In the data below, find the line containing "priv xlen pc", then set down that line and every later line up to and including the line containing "priv_lt = p;", exactly.

◆ **Supplied data**

>>>>

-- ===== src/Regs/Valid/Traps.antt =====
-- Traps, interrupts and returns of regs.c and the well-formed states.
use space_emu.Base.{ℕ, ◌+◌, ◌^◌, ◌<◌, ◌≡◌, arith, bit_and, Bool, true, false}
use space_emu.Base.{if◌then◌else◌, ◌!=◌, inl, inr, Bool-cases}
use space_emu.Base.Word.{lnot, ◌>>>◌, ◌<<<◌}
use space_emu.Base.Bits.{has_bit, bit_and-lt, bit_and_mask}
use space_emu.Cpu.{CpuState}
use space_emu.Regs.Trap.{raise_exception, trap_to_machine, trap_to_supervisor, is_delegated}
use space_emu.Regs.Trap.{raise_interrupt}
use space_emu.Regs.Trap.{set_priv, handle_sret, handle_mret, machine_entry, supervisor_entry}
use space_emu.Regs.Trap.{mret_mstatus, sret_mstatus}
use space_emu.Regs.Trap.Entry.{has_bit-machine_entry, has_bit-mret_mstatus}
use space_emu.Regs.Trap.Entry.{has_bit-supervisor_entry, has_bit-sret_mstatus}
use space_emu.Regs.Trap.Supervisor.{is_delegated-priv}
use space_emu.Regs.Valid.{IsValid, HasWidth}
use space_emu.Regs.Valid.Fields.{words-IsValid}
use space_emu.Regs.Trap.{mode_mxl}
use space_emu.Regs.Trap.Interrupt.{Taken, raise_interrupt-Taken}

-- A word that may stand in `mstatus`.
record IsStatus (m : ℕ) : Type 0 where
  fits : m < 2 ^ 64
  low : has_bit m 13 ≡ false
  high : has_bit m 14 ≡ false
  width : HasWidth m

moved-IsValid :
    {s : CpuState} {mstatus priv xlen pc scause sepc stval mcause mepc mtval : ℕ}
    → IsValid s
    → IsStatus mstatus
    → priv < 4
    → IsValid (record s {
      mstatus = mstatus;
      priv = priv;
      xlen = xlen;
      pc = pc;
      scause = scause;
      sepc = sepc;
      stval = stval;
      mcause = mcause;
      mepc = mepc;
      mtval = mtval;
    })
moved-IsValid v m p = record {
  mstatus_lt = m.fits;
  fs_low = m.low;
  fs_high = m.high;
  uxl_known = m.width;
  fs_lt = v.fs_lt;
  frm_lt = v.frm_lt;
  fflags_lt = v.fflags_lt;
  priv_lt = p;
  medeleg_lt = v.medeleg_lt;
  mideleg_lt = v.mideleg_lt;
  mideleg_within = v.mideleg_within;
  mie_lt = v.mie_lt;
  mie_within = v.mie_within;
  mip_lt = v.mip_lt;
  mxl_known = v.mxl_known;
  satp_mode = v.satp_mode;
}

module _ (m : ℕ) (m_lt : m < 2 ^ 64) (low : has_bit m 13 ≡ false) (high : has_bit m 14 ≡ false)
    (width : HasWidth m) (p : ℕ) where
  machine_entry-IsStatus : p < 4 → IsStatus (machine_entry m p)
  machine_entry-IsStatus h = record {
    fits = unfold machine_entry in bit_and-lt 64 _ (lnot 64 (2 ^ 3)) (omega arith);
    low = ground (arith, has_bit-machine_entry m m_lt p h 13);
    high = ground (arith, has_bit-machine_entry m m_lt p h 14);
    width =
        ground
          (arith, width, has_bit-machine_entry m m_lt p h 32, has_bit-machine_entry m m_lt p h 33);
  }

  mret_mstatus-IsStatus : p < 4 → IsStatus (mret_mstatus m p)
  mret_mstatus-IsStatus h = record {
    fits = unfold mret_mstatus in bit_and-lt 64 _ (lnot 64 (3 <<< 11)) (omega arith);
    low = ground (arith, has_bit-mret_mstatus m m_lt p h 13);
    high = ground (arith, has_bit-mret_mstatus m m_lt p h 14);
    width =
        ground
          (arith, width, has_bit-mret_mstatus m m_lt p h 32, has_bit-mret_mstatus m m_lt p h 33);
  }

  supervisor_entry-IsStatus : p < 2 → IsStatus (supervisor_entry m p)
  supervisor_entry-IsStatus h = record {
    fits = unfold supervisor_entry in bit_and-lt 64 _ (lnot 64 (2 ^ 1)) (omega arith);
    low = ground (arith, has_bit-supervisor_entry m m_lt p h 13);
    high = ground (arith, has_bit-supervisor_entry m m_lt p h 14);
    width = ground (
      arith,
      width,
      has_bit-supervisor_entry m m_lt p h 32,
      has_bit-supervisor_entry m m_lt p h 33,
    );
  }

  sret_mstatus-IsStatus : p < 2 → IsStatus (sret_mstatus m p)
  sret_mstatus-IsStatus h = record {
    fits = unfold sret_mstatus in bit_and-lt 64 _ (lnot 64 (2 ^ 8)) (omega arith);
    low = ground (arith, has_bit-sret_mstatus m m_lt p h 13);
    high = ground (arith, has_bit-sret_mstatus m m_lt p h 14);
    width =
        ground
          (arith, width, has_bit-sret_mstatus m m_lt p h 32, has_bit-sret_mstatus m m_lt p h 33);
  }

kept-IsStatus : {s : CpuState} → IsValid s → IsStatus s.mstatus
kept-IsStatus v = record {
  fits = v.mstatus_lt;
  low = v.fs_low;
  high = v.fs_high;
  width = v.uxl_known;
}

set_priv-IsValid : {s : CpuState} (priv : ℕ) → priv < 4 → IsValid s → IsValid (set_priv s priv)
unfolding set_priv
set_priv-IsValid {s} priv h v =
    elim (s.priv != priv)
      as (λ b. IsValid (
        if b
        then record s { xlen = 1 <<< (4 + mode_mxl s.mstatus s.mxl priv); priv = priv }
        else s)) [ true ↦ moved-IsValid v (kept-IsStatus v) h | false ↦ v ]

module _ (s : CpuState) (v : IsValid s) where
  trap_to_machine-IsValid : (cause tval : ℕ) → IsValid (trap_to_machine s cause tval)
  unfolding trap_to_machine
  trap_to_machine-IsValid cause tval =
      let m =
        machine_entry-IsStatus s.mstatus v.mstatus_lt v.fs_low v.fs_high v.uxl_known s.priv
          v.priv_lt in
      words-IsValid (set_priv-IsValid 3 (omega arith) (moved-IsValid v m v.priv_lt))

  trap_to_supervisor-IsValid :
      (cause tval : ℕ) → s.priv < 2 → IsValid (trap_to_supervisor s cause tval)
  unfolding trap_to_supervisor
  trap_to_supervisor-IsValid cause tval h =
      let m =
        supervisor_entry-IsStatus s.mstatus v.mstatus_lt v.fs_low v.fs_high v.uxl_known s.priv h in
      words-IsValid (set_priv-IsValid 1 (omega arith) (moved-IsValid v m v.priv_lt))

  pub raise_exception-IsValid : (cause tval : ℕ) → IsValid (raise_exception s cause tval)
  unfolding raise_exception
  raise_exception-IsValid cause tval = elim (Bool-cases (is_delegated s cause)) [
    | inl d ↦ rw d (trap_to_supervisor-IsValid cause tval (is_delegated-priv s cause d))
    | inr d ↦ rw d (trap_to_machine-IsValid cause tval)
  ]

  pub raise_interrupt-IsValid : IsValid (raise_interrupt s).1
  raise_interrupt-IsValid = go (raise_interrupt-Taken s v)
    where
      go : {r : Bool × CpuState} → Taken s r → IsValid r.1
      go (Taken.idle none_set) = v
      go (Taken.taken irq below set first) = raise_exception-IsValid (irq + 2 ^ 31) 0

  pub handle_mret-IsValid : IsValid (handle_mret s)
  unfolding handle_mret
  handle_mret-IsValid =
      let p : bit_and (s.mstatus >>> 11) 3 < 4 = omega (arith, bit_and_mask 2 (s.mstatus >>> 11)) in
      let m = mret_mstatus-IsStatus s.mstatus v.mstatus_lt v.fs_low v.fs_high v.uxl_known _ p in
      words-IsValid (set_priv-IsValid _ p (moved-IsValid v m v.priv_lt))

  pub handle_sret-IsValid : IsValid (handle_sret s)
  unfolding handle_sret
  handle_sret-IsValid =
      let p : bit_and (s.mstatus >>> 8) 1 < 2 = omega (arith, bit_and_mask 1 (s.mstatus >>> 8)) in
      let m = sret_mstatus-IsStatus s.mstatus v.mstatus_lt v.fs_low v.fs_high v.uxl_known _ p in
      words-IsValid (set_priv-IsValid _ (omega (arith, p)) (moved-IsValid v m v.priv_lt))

<<<<

◆ **Written solution**
    {s : CpuState} {mstatus priv xlen pc scause sepc stval mcause mepc mtval : ℕ}
    → IsValid s
    → IsStatus mstatus
    → priv < 4
    → IsValid (record s {
      mstatus = mstatus;
      priv = priv;
      xlen = xlen;
      pc = pc;
      scause = scause;
      sepc = sepc;
      stval = stval;
      mcause = mcause;
      mepc = mepc;
      mtval = mtval;
    })
moved-IsValid v m p = record {
  mstatus_lt = m.fits;
  fs_low = m.low;
  fs_high = m.high;
  uxl_known = m.width;
  fs_lt = v.fs_lt;
  frm_lt = v.frm_lt;
  fflags_lt = v.fflags_lt;
  priv_lt = p;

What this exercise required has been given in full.